Exercise prompt:
All lines in the material with the string "later" should be listed.

The data:

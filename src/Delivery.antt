-- ===== src/Delivery.antt =====
-- From the satellite to core: the JSON of src/p2_satellite/ingest_client.py as
-- core-side-patch/routers/patent_ingest_p2.py reads it.
pub mod View
pub mod Received
pub mod Mirrored
pub mod Accepted
pub mod Reported
pub mod Validated
pub mod Exported
pub mod Complete
use p2_ai_knowledge_graph_fo.Base.{ℕ, List, [], ◌∷◌, map, Option, none, some, Text, ◌>>=◌}
use p2_ai_knowledge_graph_fo.Tables.Upsert.{NodeStructureItem, EdgeStructureItem, Counts}
use p2_ai_knowledge_graph_fo.Ingest.{Core, DerivationRequest, post_graph_structure}
use p2_ai_knowledge_graph_fo.GraphBuilder.Structure.{NodeStructure, EdgeStructure, Structure}
use p2_ai_knowledge_graph_fo.IngestClient.{PushedDerivation}

-- The satellite sends neither properties nor weights: the defaults of the models.
unfoldable pub received_node : NodeStructure → NodeStructureItem
received_node n = record { node_type = n.node_type; node_key = n.node_key; properties = [] }

-- `none`: an edge without a type is no `str`, and the request is answered with 422.
unfoldable pub received_edge : EdgeStructure → Option EdgeStructureItem
received_edge e = do
  edge_type ← e.edge_type
  some (record {
    source_node_type = e.source_node_type;
    source_node_key = e.source_node_key;
    target_node_type = e.target_node_type;
    target_node_key = e.target_node_key;
    edge_type = edge_type;
    is_active = e.is_active;
    weight = 1;
    properties = [];
  })

unfoldable pub received_edges : List EdgeStructure → Option (List EdgeStructureItem)
received_edges [] = some []
received_edges (e ∷ edges) = do
  item ← received_edge e
  items ← received_edges edges
  some (item ∷ items)

-- The request for a structure, past authentication and the rate limit; `none` if it is rejected, or if a
-- query of one row finds several.
unfoldable pub receive_structure : Text → Structure → ℕ → ℕ → Core → Option (Core × Counts)
receive_structure structure_hash s org_id user_id core = do
  edges ← received_edges s.edges
  post_graph_structure structure_hash (map received_node s.nodes) edges org_id user_id core

unfoldable pub received_derivation : PushedDerivation → DerivationRequest
received_derivation p = record {
  ai_system_id = p.derivation.ai_system_id;
  derived_obligations = p.derivation.derived_obligations;
  derived_controls = p.derivation.derived_controls;
  graph_path = some p.derivation.graph_path;
  methodology_version = p.derivation.methodology_version;
  trigger_reason = p.trigger_reason;
  derivation_hash = p.derivation_hash;
}
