-- ===== src/Tables/Upsert/Single.antt =====
-- core-side-patch/models.py: `query.one_or_none()` where at most one row matches.
use mathlib.Core.List.Memᴰ
use p2_ai_knowledge_graph_fo.Base.{
  ℕ, ◌≡◌, refl, sym, ap, ◌∙◌, ◌⊎◌, inl, inr, Bool, true, false, List, [], ◌∷◌, map, keep_if, any,
  any-eq-true, Memᴰ, Distinct, Bool-cases,
}

module _ {A : Type 0} (p : A → Bool) where
  pub keep_if-none : (xs : List A) → ((a : A) → Memᴰ a xs → p a ≡ false) → keep_if p xs ≡ []
  keep_if-none [] h = refl
  keep_if-none (x ∷ xs) h = rw (h x (Memᴰ.head refl)) (keep_if-none xs (λ a m. h a (Memᴰ.tail m)))

  module _ (id_of : A → ℕ) where
    keep_if-only :
        (xs : List A) (a : A)
        → Distinct (map id_of xs)
        → ((b : A) → Memᴰ b xs → p b ≡ true → id_of b ≡ id_of a)
        → Memᴰ a xs
        → p a ≡ true
        → keep_if p xs ≡ a ∷ []
    keep_if-only [] a d same m h = absurd (Memᴰ.not-nil m)
    keep_if-only (x ∷ xs) a d same m h = elim (Memᴰ.cases_cons m) [
      | inl e ↦
          let others = keep_if-none xs (λ b later. elim (Bool-cases (p b)) [
            | inr off ↦ off
            | inl on ↦ absurd (
                d.0 (
                  Memᴰ.cast (sym (same b (Memᴰ.tail later) on ∙ ap id_of e))
                    (Memᴰ.map id_of later)))
          ]) in
          rw (sym (ap p e) ∙ h, others, e) refl
      | inr later ↦ elim (Bool-cases (p x)) [
        | inl on ↦ absurd (d.0 (Memᴰ.cast (same x (Memᴰ.head refl) on) (Memᴰ.map id_of later)))
        | inr off ↦ rw off (keep_if-only xs a d.1 (λ b n. same b (Memᴰ.tail n)) later h)
      ]
    ]

    -- Where rows that match have one id, and no two rows have the same, none matches or one does.
    pub keep_if-single :
        (xs : List A)
        → Distinct (map id_of xs)
        → ((a b : A) → Memᴰ a xs → Memᴰ b xs → p a ≡ true → p b ≡ true → id_of a ≡ id_of b)
        → (((a : A) → Memᴰ a xs → p a ≡ false) × (keep_if p xs ≡ []))
          ⊎ ((a : A) × Memᴰ a xs × (p a ≡ true) × (keep_if p xs ≡ a ∷ []))
    keep_if-single xs d same = elim (Bool-cases (any p xs)) [
      | inl some_match ↦
          let (a, m, h) = (any-eq-true p xs).0 some_match in
          inr (a, m, h, keep_if-only xs a d (λ b n on. same b a n m on h) m h)
      | inr none_match ↦
          let off = λ (a : A) (m : Memᴰ a xs). elim (Bool-cases (p a)) as (λ b. p a ≡ false) [
            | inl on ↦ cc (none_match, (any-eq-true p xs).1 (a, m, on))
            | inr off ↦ off
          ] in
          inl (off, keep_if-none xs off)
    ]

-- Rows of one id are one row.
pub same_of_id :
    {A : Type 0} (id_of : A → ℕ) (xs : List A) (a b : A)
    → Distinct (map id_of xs)
    → Memᴰ a xs
    → Memᴰ b xs
    → id_of a ≡ id_of b
    → a ≡ b
same_of_id id_of [] a b d in_a in_b same = absurd (Memᴰ.not-nil in_a)
same_of_id id_of (x ∷ xs) a b d in_a in_b same = elim (Memᴰ.cases_cons in_a) [
  | inl e ↦ elim (Memᴰ.cases_cons in_b) [
    | inl e' ↦ e ∙ sym e'
    | inr later ↦ absurd (d.0 (Memᴰ.cast (sym (ap id_of e) ∙ same) (Memᴰ.map id_of later)))
  ]
  | inr later ↦ elim (Memᴰ.cases_cons in_b) [
    | inl e' ↦ absurd (d.0 (Memᴰ.cast (sym (ap id_of e') ∙ sym same) (Memᴰ.map id_of later)))
    | inr later' ↦ same_of_id id_of xs a b d.1 later later' same
  ]
]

Result below:
          let others = keep_if-none xs (λ b later. elim (Bool-cases (p b)) [
                  Memᴰ.cast (sym (same b (Memᴰ.tail later) on ∙ ap id_of e))
                    (Memᴰ.map id_of later)))
      | inr later ↦ elim (Bool-cases (p x)) [
        | inl on ↦ absurd (d.0 (Memᴰ.cast (same x (Memᴰ.head refl) on) (Memᴰ.map id_of later)))
        | inr off ↦ rw off (keep_if-only xs a d.1 (λ b n. same b (Memᴰ.tail n)) later h)
    | inr later ↦ absurd (d.0 (Memᴰ.cast (sym (ap id_of e) ∙ same) (Memᴰ.map id_of later)))
  | inr later ↦ elim (Memᴰ.cases_cons in_b) [
    | inl e' ↦ absurd (d.0 (Memᴰ.cast (sym (ap id_of e') ∙ sym same) (Memᴰ.map id_of later)))
    | inr later' ↦ same_of_id id_of xs a b d.1 later later' same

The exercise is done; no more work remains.